Prices, he said, would need to increase in order to compete against the Canadian Wheat Board, which is currently offering much better values for export feed barley. Last week, the CWB increased its pool return outlooks (PROs) for feed barley marketed during the 2010-11 crop year to $209 per tonne, from $143 the previous month.
“At some point the feed market will need to get competitive against” the CWB export program,” said Beusekom.
The CWB announced last week it had already sold 200,000 tonnes of feed barley into the export market in recent weeks due to strong international demand. The CWB had been largely absent from the export market in recent years due to firmer domestic prices.
Beusekom said end-users are currently not willing to pay up to match the values offered by the export market, but they will need to do so at some time as barley is the main source of starch in cattle rations.
“No-brainer”
However, ample supplies of other feed ingredients will limit the upside in the domestic barley market.

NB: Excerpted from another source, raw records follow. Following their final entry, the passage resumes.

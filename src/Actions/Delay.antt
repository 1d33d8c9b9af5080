-- ===== src/Actions/Delay.antt =====
-- The delay of an action that is to be the last, and the timer of the queue in assets/js/goradd.js.
use serve.Base.{
  ◌≡◌, refl, ℕ, ◌≤◌, ◌<◌, String, Bool, true, false, List, [], ◌∷◌, ◌++◌, arith, if◌then◌else◌, ltb,
  Bool-cases, inl, inr, All,
}
use serve.Timers.{Timers, has_timer, set_timer}
use serve.Timers.Owned.{handle_of-insert}
use serve.Actions.{Job, Params, Actions, longest, with_delay, queue_action}

module _ {ℓ} {F : Type ℓ} where
  longest-ge : (delay : ℕ) (items : List (Params F)) → delay ≤ longest delay items
  unfolding longest
  longest-ge delay [] = omega arith
  longest-ge delay (item ∷ items) = ground (arith, longest-ge item.d items, longest-ge delay items)

  longest-bounds :
      (delay : ℕ) (items : List (Params F)) (m : ℕ)
      → longest delay items < m
      → All (λ item. item.d < m) items
  unfolding longest
  longest-bounds delay [] m h = tt
  longest-bounds delay (item ∷ items) m h = (
    ground (arith, longest-ge item.d items, longest-ge delay items),
    longest-bounds (if ltb delay item.d then item.d else delay) items m h,
  )

  -- An action that is to be the last gets a longer delay than every action that is in the queue;
  -- any other action keeps its own.
  pub with_delay_lem :
      (p : Params F) (items : List (Params F))
      → (p.last ≡ true → All (λ item. item.d < (with_delay p items).d) items)
        × (p.last ≡ false → with_delay p items ≡ p)
        × ((with_delay p items).f ≡ p.f)
        × ((with_delay p items).k ≡ p.k)
  unfolding with_delay
  with_delay_lem p items =
      (λ e. rw e (longest-bounds 0 items _ (omega arith)), λ e. rw e, ground arith, ground arith)

  has_timer-set_timer :
      (id : String) (a : Job F) (d : ℕ) (b : Bool) (s : Timers (Job F))
      → has_timer id (set_timer id a d b s) ≡ true
  unfolding has_timer set_timer
  has_timer-set_timer id a d b s = rw (has_timer, handle_of-insert)

  -- Whatever is in the queue, after `queueAction` a timer is set to process it, and the action
  -- stands behind the others.
  pub queue_action_lem :
      (p : Params F) (s : Actions F)
      → (has_timer "goradd.actions" (queue_action p s).timers ≡ true)
        × ((queue_action p s).queue ≡ s.queue ++ with_delay p s.queue ∷ [])
        × ((queue_action p s).ran ≡ s.ran)
  unfolding queue_action
  queue_action_lem p s = elim (Bool-cases (has_timer "goradd.actions" s.timers)) [
    | inl e ↦ rw e (e, refl, refl)
    | inr e ↦ rw e (has_timer-set_timer "goradd.actions" _ _ _ _, refl, refl)
  ]
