-- ===== src/Actions/Drain.antt =====
-- That `processActions` of assets/js/goradd.js ends and leaves the queue empty, and what it runs.
use serve.Base.{
  ◌≡◌, refl, sym, ap, ◌∙◌, ℕ, zero, suc, ◌+◌, ◌<◌, List, [], ◌∷◌, ◌++◌, arith, if◌then◌else◌, ltb,
  Bool-cases, inl, inr, some, append-nil, append_assoc, length,
}
use serve.Actions.{Params, Actions, queue_action, queue_all, process_action, process_actions}
use serve.Actions.Delay.{with_delay_lem, queue_action_lem}

module _ {ℓ} {F : Type ℓ} where
  module _ (weight : F → ℕ) where
    -- The work that a list of actions stands for.
    abbrev pub total : List (Params F) → ℕ
    total [] = 0
    total (p ∷ ps) = weight p.f + total ps

    total-append : (ps qs : List (Params F)) → total (ps ++ qs) ≡ total ps + total qs
    total-append [] qs = omega arith
    total-append (p ∷ ps) qs = omega (arith, total-append ps qs)

    total-queue_action :
        (p : Params F) (s : Actions F) → total (queue_action p s).queue ≡ total s.queue + weight p.f
    total-queue_action p s =
        rw ((queue_action_lem p s).1, total-append, (with_delay_lem p s.queue).2) (omega arith)

    total-queue_all :
        (ps : List (Params F)) (s : Actions F)
        → total (queue_all ps s).queue ≡ total s.queue + total ps
    unfolding queue_all
    total-queue_all [] s = omega arith
    total-queue_all (p ∷ ps) s =
        omega (arith, total-queue_all ps (queue_action p s), total-queue_action p s)

    total-process_action :
        (reaction : F → List (Params F)) (p : Params F) (s : Actions F)
        → total (reaction p.f) < weight p.f
        → total (process_action reaction p s).queue < total s.queue + weight p.f
    unfolding process_action
    total-process_action reaction p s h = elim (Bool-cases (ltb 0 p.d)) [
      | inl delayed ↦ rw delayed (omega arith)
      | inr at_once ↦
          rw at_once
            (omega (arith, total-queue_all (reaction p.f) (record s { ran = s.ran ++ p.f ∷ [] })))
    ]

    -- If every action weighs more than the actions that it queues, the loop ends: the weight of the
    -- queue, plus one, is fuel enough, and the queue is empty then.
    pub process_actions_ends :
        (reaction : F → List (Params F))
        → ((f : F) → total (reaction f) < weight f)
        → (fuel : ℕ) (s : Actions F) → total s.queue < fuel
        → (t : Actions F) × (process_actions reaction fuel s ≡ some t) × (t.queue ≡ [])
    unfolding process_actions
    process_actions_ends reaction lighter zero s h = absurd (omega arith)
    process_actions_ends reaction lighter (suc fuel) s h =
        from (process_actions_ends reaction lighter fuel) s.queue h
      where
        from :
            ((u : Actions F)
              → total u.queue < fuel
              → (t : Actions F) × (process_actions reaction fuel u ≡ some t) × (t.queue ≡ []))
            → (q : List (Params F)) → total q < suc fuel
            → (t : Actions F) × (process_actions reaction (suc fuel) (record s { queue = q })
                ≡ some t)
              × (t.queue ≡ [])
        from rest_ends [] h = (record s { queue = [] }, refl, refl)
        from rest_ends (p ∷ rest) h =
            rest_ends (process_action reaction p (record s { queue = rest })) (
              omega
                (arith, total-process_action reaction p (record s { queue = rest }) (lighter p.f)))

  -- The actions of a list that wait for no timer.
  abbrev pub at_once : List (Params F) → List F
  at_once [] = []
  at_once (p ∷ ps) = if ltb 0 p.d then at_once ps else p.f ∷ at_once ps

  ran-process_action :
      (p : Params F) (s : Actions F)
      → ((process_action (λ f. []) p s).ran ≡ s.ran ++ at_once (p ∷ []))
        × ((process_action (λ f. []) p s).queue ≡ s.queue)
  unfolding process_action queue_all
  ran-process_action p s = ground (arith, append-nil s.ran)

  -- If no action queues others, the loop runs the actions without a delay in the order in which
  -- they were queued, and only those; a round for each action, and one, is fuel enough.
  pub process_actions_quiet :
      (fuel : ℕ) (s : Actions F)
      → length s.queue < fuel
      → (t : Actions F) × (process_actions (λ f. []) fuel s ≡ some t)
        × (t.queue ≡ [])
        × (t.ran ≡ s.ran ++ at_once s.queue)
  unfolding process_actions
  process_actions_quiet zero s h = absurd (omega arith)
  process_actions_quiet (suc fuel) s h = from (process_actions_quiet fuel) s.queue h
    where
      from :
          ((u : Actions F)
            → length u.queue < fuel
            → (t : Actions F) × (process_actions (λ f. []) fuel u ≡ some t)
              × (t.queue ≡ [])
              × (t.ran ≡ u.ran ++ at_once u.queue))
          → (q : List (Params F)) → length q < suc fuel
          → (t : Actions F) × (process_actions (λ f. []) (suc fuel) (record s { queue = q })
              ≡ some t)
            × (t.queue ≡ [])
            × (t.ran ≡ s.ran ++ at_once q)
      from rest_runs [] h = (record s { queue = [] }, refl, refl, sym (append-nil s.ran))
      from rest_runs (p ∷ rest) h =
          let one = ran-process_action p (record s { queue = rest }) in
          let (t, e, k, r) =
            rest_runs (process_action (λ f. []) p (record s { queue = rest }))
              (omega (arith, ap (length {A = Params F}) one.1)) in
          (
            t,
            e,
            k,
            r
                ∙ rw (one.0, one.1)
                    (ground
                      (arith, append_assoc s.ran (p.f ∷ []) (at_once rest), append-nil s.ran)),
          )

Beusekom said corn DDGs (dried distillers grains) from the U.S. are currently trading at a similar price to barley, so feedlots are maximizing their DDG usage at 25 per cent.
“Anytime corn DDGs trade at the same value as barley, it’s a no-brainer for feedlots to push it to the max they can,” he said, adding that feedlots will pay up to 25 per cent more for DDGs over barley.
Feed wheat and pulse crops with high dockage could also help keep prices down for the livestock feeders, but Beusekom noted quality and availability of those crops will still depend on the harvest.